Then we go to the master-mind shotgun argument "just the sound of the round racking into the chamber will cause him to pee his pants", . . . a Snopes verified urban legend that has no justification whatsoever. Factually, . . . as mentioned earlier, . . . it definitely gives away your position, your weapon, . . . and if it is like the vast majority of 870's I've seen, . . . you're only up to 4 rounds, . . . one less than a J frame.

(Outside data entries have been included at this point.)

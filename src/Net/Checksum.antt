-- ===== src/Net/Checksum.antt =====
-- The checksums of `recalculate_checksums`, against the receiver's check.
pub mod Sums
pub mod Put
use qore_os.Base.{
  ℕ, suc, ◌+◌, ◌-◌, ◌*◌, ◌/◌, ◌%◌, ◌^◌, ◌≤◌, ◌<◌, ◌≡◌, ◌≢◌, refl, sym, ap, ◌∙◌, ◌⊎◌, inl, inr, List,
  [], ◌∷◌, ◌++◌, arith, length, take, drop, get_or,
}
use qore_os.Net.{put16, ip_checksum, tcp_checksum, recalculate_checksums}
use qore_os.Net.Receiver.{
  AcceptsIp, AcceptsTcp, total, total-append, AllWords-append, plain, pair, total-slice, total-rest,
  IsFrame, slice-AllWords, rest-AllWords, ones_sum_full, words,
}
use Sums.{ip_checksum_lem, tcp_checksum_lem}
use Put.{length-put16, get_or-put16_ne, pair-put16, put16-IsFrame, plain-put16_out, plain-put16}

-- The plain sums that a receiver forms.
abbrev ip_total : List ℕ → ℕ
ip_total f = plain f 10 14

abbrev tcp_total : List ℕ → ℕ
tcp_total f = plain f 4 26 + 6 + (length f - 34) + plain f ((length f - 34 + 1) / 2) 34

AcceptsIp-of_total :
    (f : List ℕ) → IsFrame f → 0 < ip_total f → ip_total f % 65535 ≡ 0 → AcceptsIp f
AcceptsIp-of_total f h p m =
    let sum = total-slice f 10 14 in
    ones_sum_full (words (take 20 (drop 14 f))) (slice-AllWords f 20 14 h) (omega (arith, sum))
      (omega (arith, sum))

AcceptsTcp-of_total :
    (f : List ℕ)
    → IsFrame f
    → 34 ≤ length f
    → length f ≤ 65549
    → 0 < tcp_total f
    → tcp_total f % 65535 ≡ 0
    → AcceptsTcp f
unfolding total
AcceptsTcp-of_total f h low high p m =
    let addresses = words (take 8 (drop 26 f)) in
    let rest = 6 ∷ (length f - 34) ∷ words (drop 34 f) in
    let segment = total-rest f ((length f - 34 + 1) / 2) 34 (omega arith) in
    let e : total (addresses ++ rest) ≡ tcp_total f =
      total-append addresses rest ∙ omega (arith, total-slice f 4 26, segment) in
    ones_sum_full (addresses ++ rest)
      (AllWords-append addresses rest (slice-AllWords f 8 26 h)
        (omega arith, (omega arith, rest-AllWords f 34 h)))
      (omega (arith, e)) (omega (arith, e))

-- What `recalculate_checksums` gives back of a frame.
pub record Recalculated (f g : List ℕ) : Type 0 where
  pub ip : AcceptsIp g
  pub tcp : AcceptsTcp g
  pub same_length : length g ≡ length f
  pub bytes : IsFrame g
  pub rest : (i : ℕ) → i ≢ 24 → i ≢ 25 → i ≢ 50 → i ≢ 51 → get_or g i 0 ≡ get_or f i 0

-- The frame after each store of `recalculate_checksums`.
module _ (f : List ℕ) (h : IsFrame f) (low : 54 ≤ length f) (high : length f ≤ 65549) where
  abbrev cleared : List ℕ
  cleared = put16 f 24 0

  abbrev with_ip : List ℕ
  with_ip = put16 cleared 24 (ip_checksum cleared)

  abbrev without_tcp : List ℕ
  without_tcp = put16 with_ip 50 0

  abbrev with_tcp : List ℕ
  with_tcp = put16 without_tcp 50 (tcp_checksum without_tcp)

  lengths :
      (length cleared ≡ length f)
      × (length with_ip ≡ length f)
      × (length without_tcp ≡ length f)
      × (length with_tcp ≡ length f)
  lengths =
      let a = length-put16 f 24 0 in
      let b = length-put16 cleared 24 (ip_checksum cleared) ∙ a in
      let c = length-put16 with_ip 50 0 ∙ b in
      (a, b, c, length-put16 without_tcp 50 (tcp_checksum without_tcp) ∙ c)

  cleared-IsFrame : IsFrame cleared
  cleared-IsFrame = put16-IsFrame f 24 0 (omega arith) h

  with_ip-IsFrame : IsFrame with_ip
  with_ip-IsFrame = put16-IsFrame cleared 24 _ (omega (arith, lengths.0)) cleared-IsFrame

  without_tcp-IsFrame : IsFrame without_tcp
  without_tcp-IsFrame = put16-IsFrame with_ip 50 0 (omega (arith, lengths.1)) with_ip-IsFrame

  with_tcp-IsFrame : IsFrame with_tcp
  with_tcp-IsFrame = put16-IsFrame without_tcp 50 _ (omega (arith, lengths.2)) without_tcp-IsFrame

  with_tcp-AcceptsIp : AcceptsIp with_tcp
  with_tcp-AcceptsIp =
      let done = ip_checksum_lem cleared cleared-IsFrame in
      let v = ip_checksum cleared in
      let empty = pair-put16 f 24 0 (omega arith) (omega arith) in
      let stored =
        plain-put16 cleared 24 v 10 14 5 refl (omega arith) (omega (arith, lengths.0)) done.small in
      let c = plain-put16_out with_ip 50 0 10 14 (inr (omega arith)) in
      let d = plain-put16_out without_tcp 50 (tcp_checksum without_tcp) 10 14 (inr (omega arith)) in
      let e : ip_total with_tcp ≡ ip_total cleared + v = omega (arith, empty, stored, c, d) in
      AcceptsIp-of_total with_tcp with_tcp-IsFrame (omega (arith, e, done.pos)) (rw e done.multiple)

  with_tcp-AcceptsTcp : AcceptsTcp with_tcp
  with_tcp-AcceptsTcp =
      let done =
        tcp_checksum_lem without_tcp without_tcp-IsFrame (omega (arith, lengths.2))
          (omega (arith, lengths.2)) in
      let v = tcp_checksum without_tcp in
      let n = (length f - 34 + 1) / 2 in
      let empty = pair-put16 with_ip 50 0 (omega (arith, lengths.1)) (omega arith) in
      let stored =
        plain-put16 without_tcp 50 v n 34 8 refl (omega arith) (omega (arith, lengths.2))
          done.small in
      let addresses = plain-put16_out without_tcp 50 v 4 26 (inr (omega arith)) in
      let e : tcp_total with_tcp ≡ tcp_total without_tcp + v =
        rw (lengths.2, lengths.3) (omega (arith, empty, stored, addresses)) in
      AcceptsTcp-of_total with_tcp with_tcp-IsFrame (omega (arith, lengths.3))
        (omega (arith, lengths.3)) (omega (arith, e, done.pos)) (rw e done.multiple)

-- For a frame of bytes with room for the headers, no longer than an IPv4 length can say, the frame
-- that `recalculate_checksums` leaves is accepted by a receiver's IPv4 and TCP checks, has the same
-- length, and differs at most in the four checksum bytes.
pub recalculate-Recalculated :
    (f : List ℕ)
    → IsFrame f
    → 54 ≤ length f
    → length f ≤ 65549
    → Recalculated f (recalculate_checksums f)
unfolding recalculate_checksums
recalculate-Recalculated f h low high = record {
  ip = with_tcp-AcceptsIp f h low high;
  tcp = with_tcp-AcceptsTcp f h low high;
  same_length = (lengths f h low high).3;
  bytes = with_tcp-IsFrame f h low high;
  rest = λ i a b c d.
      get_or-put16_ne (without_tcp f h low high) 50 _ i c d
      ∙ get_or-put16_ne (with_ip f h low high) 50 0 i c d
      ∙ get_or-put16_ne (cleared f h low high) 24 _ i a b
      ∙ get_or-put16_ne f 24 0 i a b;
}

Now to be fair, . . . his argument AS HE PRESENTED IT is OK, . . . but only a novice will go around a corner, . . . down a hall way, . . . or into an open room in a full "arms forward" position, . . . and he knows it. That is just not the way one stays alive in house clearing 1 on 1.

May God bless,
Dwight


----------



## Sasquatch (Dec 12, 2014)

alterego said:


> The sound of me bump firing my 40 round P Mag in your direction weather or not contact is made. Will out do the sound of a racked gun. I have never shit my pants from hearing some one rack a shot gun. It is a misconception.


I refer you to post #27.


----------



## csi-tech (Apr 13, 2013)

I like my Mossberg 500. She will have a 9mm pistol, light and a cell phone. We need to plan for having to actually retain or retake our home sometime.


----------



## Boss Dog (Feb 8, 2013)

I'm normally a light sleeper, which bites as I currently work 3rd shift. Point is I wake easily and can function fine. 
Most "experts" will tell you; If you're trying to clear a house, the shotgun is for teamwork only. Otherwise it is for tunnels/hallways and choke points. Let the neanderthal come to you. And normally, I would agree.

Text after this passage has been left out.